§ PROBLEM TO SOLVE
Looking only at the lines below that contain "Virtual", give the number of them and no other text.

═════ LISTED RECORDS

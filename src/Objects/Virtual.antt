-- ===== src/Objects/Virtual.antt =====
-- `VirtKeyMap` of lmd/response.go with the prefixed keys that `InitObjects` of lmd/objects.go adds.
-- Whether Go's range loop there also visits the keys that it has just added is left open by Go, so
-- the keys with two prefixes are not in the model.
use lmd.Prelude.{ℕ, none, some, [], ◌∷◌, ◌++◌, Bytes, codes, String}
use lmd.Prelude.Int.{ℤ, pos, negsuc}
use lmd.Prelude.Dict.{Dict, lookup, insert}
use lmd.Objects.{ColumnType, no_col_type, string_col, int_col, time_col, float_col}

pub record VirtKey : Type 0 where
  pub index : ℤ
  pub key : Bytes
  pub col_type : ColumnType

-- an entry with the index -(n + 1)
abbrev entry : String → ℕ → String → ColumnType → Bytes × VirtKey
entry name n key col_type =
    (codes name, record { index = negsuc n; key = codes key; col_type = col_type })

abbrev pub virt_keys : Dict VirtKey
virt_keys =
    entry "key" 0 "PeerKey" string_col
    ∷ entry "name" 1 "PeerName" string_col
    ∷ entry "addr" 3 "PeerAddr" string_col
    ∷ entry "status" 4 "PeerStatus" int_col
    ∷ entry "bytes_send" 5 "BytesSend" int_col
    ∷ entry "bytes_received" 6 "BytesReceived" int_col
    ∷ entry "queries" 7 "Querys" int_col
    ∷ entry "last_error" 8 "LastError" string_col
    ∷ entry "last_online" 9 "LastOnline" time_col
    ∷ entry "last_update" 10 "LastUpdate" time_col
    ∷ entry "response_time" 11 "ReponseTime" float_col
    ∷ entry "state_order" 12 "" int_col
    ∷ entry "last_state_change_order" 13 "" int_col
    ∷ entry "has_long_plugin_output" 14 "" int_col
    ∷ entry "idling" 15 "Idling" int_col
    ∷ entry "last_query" 16 "LastQuery" time_col
    ∷ []

pub with_prefixes : Dict VirtKey → Dict VirtKey → Dict VirtKey
with_prefixes [] m = m
with_prefixes ((name, dat) ∷ rest) m = with_prefixes rest (elim dat.key [
  | [] ↦ insert (codes "host_" ++ name) dat m
  | _ ∷ _ ↦ insert (codes "host_peer_" ++ name) dat (insert (codes "peer_" ++ name) dat m)
])

unfoldable pub virt_key_map : Dict VirtKey
unfolding with_prefixes insert
virt_key_map = with_prefixes virt_keys virt_keys

-- `VirtKeyMap[name]`
unfoldable pub virt_key : Bytes → VirtKey
unfolding virt_key_map lookup
virt_key name = elim (lookup name virt_key_map) [
  | none ↦ record { index = pos 0; key = []; col_type = no_col_type }
  | some dat ↦ dat
]
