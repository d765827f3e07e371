-- ===== src/Text/Decimal.antt =====
-- `strconv.Atoi` and the format `%d`.
pub mod Width
pub mod Shape
use native.Mathlib.Decide.{dec_lt}
use lmd.Prelude.{
  ℕ, zero, suc, ◌+◌, ◌-◌, ◌*◌, ◌/◌, ◌%◌, ◌^◌, ◌≤◌, ◌<◌, Bool, true, false, ◌&&◌, Option, none, some,
  [], ◌∷◌, ◌++◌, Bytes, ◌≡◌, arith, leb, ltb, ◌==◌, if◌then◌else◌,
}
use lmd.Prelude.Int.{ℤ, pos, negsuc}

unfoldable pub digits : ℕ → ℕ → Bytes
digits zero n = []
digits (suc fuel) n =
    let rest = digits fuel (n / 10) in
    let last = (b'0' + n % 10) ∷ [] in if ltb n 10 then last else rest ++ last

-- Each round divides `n` by ten, so `n + 1` rounds are enough.
unfoldable pub format_ℕ : ℕ → Bytes
unfolding digits
format_ℕ n = digits (n + 1) n

-- %d
unfoldable pub format_int : ℤ → Bytes
unfolding format_ℕ
format_int (pos n) = format_ℕ n
format_int (negsuc n) = b'-' ∷ format_ℕ (n + 1)

unfoldable pub read_digits : ℕ → Bytes → Option ℕ
read_digits n [] = some n
read_digits n (c ∷ s) =
    let rest = read_digits (n * 10 + (c - b'0')) s in
    if leb b'0' c && leb c b'9' then rest else none

abbrev pub max_int : ℕ
max_int = 2 ^ 63 - 1

abbrev in_range : Bool → Option ℕ → Option ℤ
in_range _ none = none
in_range false (some n) = if leb n max_int then some (pos n) else none
in_range true (some zero) = some (pos 0)
in_range true (some (suc n)) = if leb n max_int then some (negsuc n) else none

abbrev unsigned : Bool → Bytes → Option ℤ
unsigned negative [] = none
unsigned negative (c ∷ s) = in_range negative (read_digits 0 (c ∷ s))

-- `none` is an error
unfoldable pub atoi : Bytes → Option ℤ
unfolding read_digits
atoi [] = none
atoi (c ∷ s) =
    if c == b'-'
    then unsigned true s
    else if c == b'+'
    then unsigned false s
    else unsigned false (c ∷ s)

abbrev pub InRange : ℤ → Type 0
InRange (pos n) = n ≤ max_int
InRange (negsuc n) = n ≤ max_int

read_digits-append :
    (n m : ℕ) (s t : Bytes) → read_digits n s ≡ some m → read_digits n (s ++ t) ≡ read_digits m t
unfolding read_digits
read_digits-append n m [] t h = ground arith
read_digits-append n m (c ∷ s) t h = ground (arith, read_digits-append (n * 10 + (c - b'0')) m s t)

read_digits-digits : (fuel n : ℕ) → n < fuel → read_digits 0 (digits fuel n) ≡ some n
unfolding read_digits digits
read_digits-digits zero n h = absurd (omega arith)
read_digits-digits (suc fuel) n h = ground (
  arith,
  read_digits-digits fuel (n / 10),
  read_digits-append 0 (n / 10) (digits fuel (n / 10)) ((b'0' + n % 10) ∷ []),
)

abbrev pub IsDigit : ℕ → Type 0
IsDigit c = (b'0' ≤ c) × (c ≤ b'9')

digits-head : (fuel n : ℕ) → n < fuel → (c : ℕ) × (s : Bytes) × (digits fuel n ≡ c ∷ s) × IsDigit c
unfolding digits
digits-head zero n h = absurd (omega arith)
digits-head (suc fuel) n h = elim (dec_lt n 10) [
  | yes small ↦ (b'0' + n % 10, [], ground arith, omega arith)
  | no large ↦
      let (c, s, first, digit) = digits-head fuel (n / 10) (omega arith) in
      (c, s ++ (b'0' + n % 10) ∷ [], ground (arith, first), digit)
]

pub read_digits-format_ℕ : (n : ℕ) → read_digits 0 (format_ℕ n) ≡ some n
unfolding format_ℕ
read_digits-format_ℕ n = read_digits-digits (n + 1) n (omega arith)

pub format_ℕ-head : (n : ℕ) → (c : ℕ) × (s : Bytes) × (format_ℕ n ≡ c ∷ s) × IsDigit c
unfolding format_ℕ
format_ℕ-head n = digits-head (n + 1) n (omega arith)

-- An integer is read back from its decimal format, if it is in the range of a Go int (of 64 bits).
pub atoi-format_int : (i : ℤ) → InRange i → atoi (format_int i) ≡ some i
unfolding atoi format_int
atoi-format_int (pos n) h =
    let (c, s, first, digit) = format_ℕ-head n in
    rw first (ground (arith, rw first at (read_digits-format_ℕ n)))
atoi-format_int (negsuc n) h =
    let (c, s, first, digit) = format_ℕ-head (n + 1) in
    rw first (ground (arith, rw first at (read_digits-format_ℕ (n + 1))))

══════════

§ YOUR SOLUTION
2